Author : Chein-I Chang
Publisher : Springer
Page : 629 pages
File Size : 18,13 MB
Release : 2016-03-22
Category : Technology & Engineering
ISBN : 1441961879
The book covers the most crucial parts of real-time hyperspectral image processing: causality and real-time capability. Recently, two new concepts of real time hyperspectral image processing, Progressive HyperSpectral Imaging (PHSI) and Recursive HyperSpectral Imaging (RHSI). Both of these can be used to design algorithms and also form an integral part of real time hyperpsectral image processing.

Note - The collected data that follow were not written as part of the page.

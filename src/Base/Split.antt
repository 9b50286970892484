-- ===== src/Base/Split.antt =====
-- `split`, `join` and `replace` of one character, as `String.prototype` and `Array.prototype` have
-- them.
use Prim.Native.Nat.{ℕ}
use mathlib.Core.Path.{◌≡◌, refl, ap, ap₂, ◌∙◌}
use mathlib.Core.Logic.{◌≢◌}
use mathlib.Core.Bool.{true, false}
use mathlib.Core.List.{List, [], ◌∷◌, ◌++◌, append_assoc}
use native.Mathlib.Omega.{arith}
use inroa.Base.Tests.{◌==◌}
use inroa.Base.Lists.{All}
use inroa.Base.Chars.{Text}

-- A character in front of the first part.
abbrev pub cons_first : ℕ → List Text → List Text
cons_first c [] = (c ∷ []) ∷ []
cons_first c (p ∷ ps) = (c ∷ p) ∷ ps

-- `s.split(sep)`: a text with n separators has n + 1 parts.
unfoldable pub split : ℕ → Text → List Text
split sep [] = [] ∷ []
split sep (c ∷ s) = elim (c == sep) [ true ↦ [] ∷ split sep s | false ↦ cons_first c (split sep s) ]

-- `parts.join(sep)`
unfoldable pub join : Text → List Text → Text
join sep [] = []
join sep (p ∷ []) = p
join sep (p ∷ q ∷ ps) = p ++ (sep ++ join sep (q ∷ ps))

-- `s.replace(/c/g, t)`
unfoldable pub replace_all : ℕ → Text → Text → Text
replace_all c t [] = []
replace_all c t (x ∷ s) = elim (x == c) [
  | true ↦ t ++ replace_all c t s
  | false ↦ x ∷ replace_all c t s
]

abbrev pub IsFree : ℕ → Text → Type 0
IsFree c s = All (λ x. x ≢ c) s

split-free : (sep : ℕ) (p : Text) → IsFree sep p → split sep p ≡ p ∷ []
unfolding split
split-free sep [] h = refl
split-free sep (c ∷ p) (h, hs) = ground (arith, split-free sep p hs)

split-append : (sep : ℕ) (p s : Text) → IsFree sep p → split sep (p ++ sep ∷ s) ≡ p ∷ split sep s
unfolding split
split-append sep [] s h = ground arith
split-append sep (c ∷ p) s (h, hs) = ground (arith, split-append sep p s hs)

-- Splitting undoes joining, where no part holds the separator.
pub split-join :
    (sep : ℕ) (p : Text) (ps : List Text)
    → All (IsFree sep) (p ∷ ps)
    → split sep (join (sep ∷ []) (p ∷ ps)) ≡ p ∷ ps
unfolding join
split-join sep p [] (h, _) = split-free sep p h
split-join sep p (q ∷ ps) (h, hs) =
    split-append sep p (join (sep ∷ []) (q ∷ ps)) h
    ∙ ap (λ (l : List Text). p ∷ l) (split-join sep q ps hs)

replace_all-append :
    (c : ℕ) (t s u : Text) → replace_all c t (s ++ u) ≡ replace_all c t s ++ replace_all c t u
unfolding replace_all
replace_all-append c t [] u = refl
replace_all-append c t (x ∷ s) u =
    ground
      (arith, replace_all-append c t s u, append_assoc t (replace_all c t s) (replace_all c t u))

replace_all-free : (c : ℕ) (t s : Text) → IsFree c s → replace_all c t s ≡ s
unfolding replace_all
replace_all-free c t [] h = refl
replace_all-free c t (x ∷ s) (h, hs) = ground (arith, replace_all-free c t s hs)

replace_all_self : (c : ℕ) (t s : Text) → replace_all c t (c ∷ s) ≡ t ++ replace_all c t s
unfolding replace_all
replace_all_self c t s = ground arith

-- Replacing the separator of a joined text by another.
pub replace_all-join :
    (c : ℕ) (t p : Text) (ps : List Text)
    → All (IsFree c) (p ∷ ps)
    → replace_all c t (join (c ∷ []) (p ∷ ps)) ≡ join t (p ∷ ps)
unfolding join
replace_all-join c t p [] (h, _) = replace_all-free c t p h
replace_all-join c t p (q ∷ ps) (h, hs) =
    replace_all-append c t p (c ∷ join (c ∷ []) (q ∷ ps))
    ∙ ap₂ ◌++◌ (replace_all-free c t p h)
        (replace_all_self c t _ ∙ ap (λ (l : Text). t ++ l) (replace_all-join c t q ps hs))
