-- ===== src/Base/Decimal.antt =====
-- A number as decimal text, as `String(n)` gives it, and `parseInt`.
use Prim.Native.Nat.{ℕ, zero, suc, ◌<◌, ◌+◌, ◌-◌, ◌*◌, ◌/◌, ◌%◌}
use mathlib.Core.Path.{◌≡◌, refl, ap, ◌∙◌}
use mathlib.Core.Logic.{inl, inr}
use native.Mathlib.Omega.{arith}
use mathlib.Core.Bool.{Bool, true, false, not, ◌&&◌, ◌||◌}
use mathlib.Core.Option.{Option, none, some}
use mathlib.Core.List.{[], ◌∷◌, ◌++◌}
use inroa.Base.Tests.{◌==◌, ltb, leb, if◌then◌else◌, Bool-cases}
use inroa.Base.Lists.{All, All-append}
use inroa.Base.Chars.{Text, codes, is_digit}

-- The last digits of `n`, with fuel.
decimal_fuel : ℕ → ℕ → Text
decimal_fuel zero n = []
decimal_fuel (suc f) n =
    let more : Text = decimal_fuel f (n / 10) ++ (n % 10 + b'0') ∷ [] in
    if ltb n 10 then (n + b'0') ∷ [] else more

digits : (f n : ℕ) → All (λ c. is_digit c ≡ true) (decimal_fuel f n)
unfolding decimal_fuel
digits zero n = tt
digits (suc f) n = elim (Bool-cases (ltb n 10)) [
  | inl small ↦ rw small (ground arith, tt)
  | inr large ↦ rw large (
      (All-append (λ c. is_digit c ≡ true) (decimal_fuel f (n / 10)) _).1
        (digits f (n / 10), (ground arith, tt)))
]

unfoldable pub decimal : ℕ → Text
unfolding decimal_fuel
decimal n = decimal_fuel (suc n) n

-- Any fuel above the number gives the same digits.
decimal_fuel-enough : (f g n : ℕ) → n < f → n < g → decimal_fuel f n ≡ decimal_fuel g n
unfolding decimal_fuel
decimal_fuel-enough zero g n h k = absurd (omega arith)
decimal_fuel-enough (suc f) zero n h k = absurd (omega arith)
decimal_fuel-enough (suc f) (suc g) n h k = elim (Bool-cases (ltb n 10)) [
  | inl small ↦ rw small refl
  | inr large ↦ rw large (
      ap (λ (s : Text). s ++ (n % 10 + b'0') ∷ [])
        (decimal_fuel-enough f g (n / 10) (ground arith) (ground arith)))
]

-- A digit behind the digits of a positive number.
pub decimal_digit : (n d : ℕ) → 0 < n → d < 10 → decimal (n * 10 + d) ≡ decimal n ++ (d + b'0') ∷ []
unfolding decimal decimal_fuel
decimal_digit n d h k =
    let large : ltb (n * 10 + d) 10 ≡ false = ground arith in
    let last : (n * 10 + d) % 10 ≡ d = omega arith in
    let front : (n * 10 + d) / 10 ≡ n = omega arith in
    rw (large, last, front)
      (ap (λ (s : Text). s ++ (d + b'0') ∷ [])
        (decimal_fuel-enough (n * 10 + d) (suc n) n (omega arith) (omega arith)))

-- The digits are digits.
pub decimal-All_digit : (n : ℕ) → All (λ c. is_digit c ≡ true) (decimal n)
unfolding decimal
decimal-All_digit n = digits (suc n) n

-- The number that a text of digits stands for, behind the digits of `acc`.
abbrev pub digits_value : ℕ → Text → ℕ
digits_value acc [] = acc
digits_value acc (c ∷ s) = digits_value (acc * 10 + (c - b'0')) s

digits_value-append :
    (acc : ℕ) (s t : Text) → digits_value acc (s ++ t) ≡ digits_value (digits_value acc s) t
digits_value-append acc [] t = refl
digits_value-append acc (c ∷ s) t = digits_value-append (acc * 10 + (c - b'0')) s t

digits_value-decimal_fuel : (f n : ℕ) → n < f → digits_value 0 (decimal_fuel f n) ≡ n
unfolding decimal_fuel
digits_value-decimal_fuel zero n h = absurd (omega arith)
digits_value-decimal_fuel (suc f) n h = elim (Bool-cases (ltb n 10)) [
  | inl small ↦ rw small (omega arith)
  | inr large ↦ rw large (
      digits_value-append 0 (decimal_fuel f (n / 10)) _
      ∙ ground (arith, digits_value-decimal_fuel f (n / 10)))
]

pub digits_value-decimal : (n : ℕ) → digits_value 0 (decimal n) ≡ n
unfolding decimal
digits_value-decimal n = digits_value-decimal_fuel (suc n) n (omega arith)

-- White space as `\s`, `trim` and `parseInt` know it.
abbrev pub is_space : ℕ → Bool
is_space c =
    (leb 9 c && leb c 13)
    || (c == 32)
    || (c == 0xa0)
    || (c == 0x1680)
    || (leb 0x2000 c && leb c 0x200a)
    || (leb 0x2028 c && leb c 0x2029)
    || (c == 0x202f)
    || (c == 0x205f)
    || (c == 0x3000)
    || (c == 0xfeff)

unfoldable pub trim_start : Text → Text
trim_start [] = []
trim_start (c ∷ s) = elim (is_space c) [ true ↦ trim_start s | false ↦ c ∷ s ]

-- The value of a digit in a base up to 16.
abbrev pub hex_value : ℕ → Option ℕ
hex_value c =
    if is_digit c
    then some (c - b'0')
    else if leb b'a' c && leb c b'f'
    then some (c - b'a' + 10)
    else if leb b'A' c && leb c b'F'
    then some (c - b'A' + 10)
    else none

abbrev pub digit_in : ℕ → ℕ → Option ℕ
digit_in radix c = elim (hex_value c) [
  | none ↦ none
  | some d ↦ if ltb d radix then some d else none
]

-- The longest run of digits at the front; `none` if there is no digit.
unfoldable pub parse_digits : ℕ → Option ℕ → Text → Option ℕ
parse_digits radix acc [] = acc
parse_digits radix acc (c ∷ s) = elim (digit_in radix c) [
  | none ↦ acc
  | some d ↦ parse_digits radix (some (elim acc [ none ↦ d | some n ↦ n * radix + d ])) s
]

abbrev pub parse_radix : Text → Option ℕ
parse_radix (z ∷ x ∷ s) =
    if (z == b'0') && ((x == b'x') || (x == b'X'))
    then parse_digits 16 none s
    else parse_digits 10 none (z ∷ x ∷ s)
parse_radix s = parse_digits 10 none s

-- `parseInt(s)`: a sign (true for minus) and a magnitude; `none` is `NaN`.
abbrev pub parse_signed : Text → Option (Bool × ℕ)
parse_signed [] = none
parse_signed (c ∷ s) =
    if c == b'-'
    then elim (parse_radix s) [ none ↦ none | some n ↦ some (true, n) ]
    else if c == b'+'
    then elim (parse_radix s) [ none ↦ none | some n ↦ some (false, n) ]
    else elim (parse_radix (c ∷ s)) [ none ↦ none | some n ↦ some (false, n) ]

unfoldable pub parse_int : Text → Option (Bool × ℕ)
unfolding trim_start parse_digits
parse_int s = parse_signed (trim_start s)

-- `n > 0`
abbrev pub is_positive : Bool × ℕ → Bool
is_positive (minus, n) = not minus && ltb 0 n

parse_runs :
    (parse_int (codes " -12px") ≡ some (true, 12))
    × (parse_int (codes "0x1F") ≡ some (false, 31))
    × (parse_int (codes "<b>") ≡ none)
    × (decimal 403 ≡ codes "403")
unfolding parse_int decimal
parse_runs = (refl, refl, refl, refl)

This book focuses on progressive nature in algorithms on their real-time and causal processing implementation in two major applications, endmember finding and anomaly detection, both of which are fundamental tasks in hyperspectral imaging but generally not encountered in multispectral imaging. This book is written to particularly address PHSI in real time processing, while a book, Recursive Hyperspectral Sample and Band Processing: Algorithm Architecture and Implementation (Springer 2016) can be considered as its companion book.
Author : Jie Chen
Publisher : BoD – Books on Demand
Page : 137 pages
File Size : 49,11 MB
Release : 2020-01-22
Category : Science
ISBN : 1789851092
Hyperspectral imagery has received considerable attention in the last decade as it provides rich spectral information and allows the analysis of objects that are unidentifiable by traditional imaging techniques. It has a wide range of applications, including remote sensing, industry sorting, food analysis, biomedical imaging, etc. However, in contrast to RGB images from which information can be intuitively extracted, hyperspectral data is only useful with proper processing and analysis. This book covers theoretical advances of hyperspectral image processing and applications of hyperspectral processing, including unmixing, classification, super-resolution, and quality estimation with classical and deep learning methods.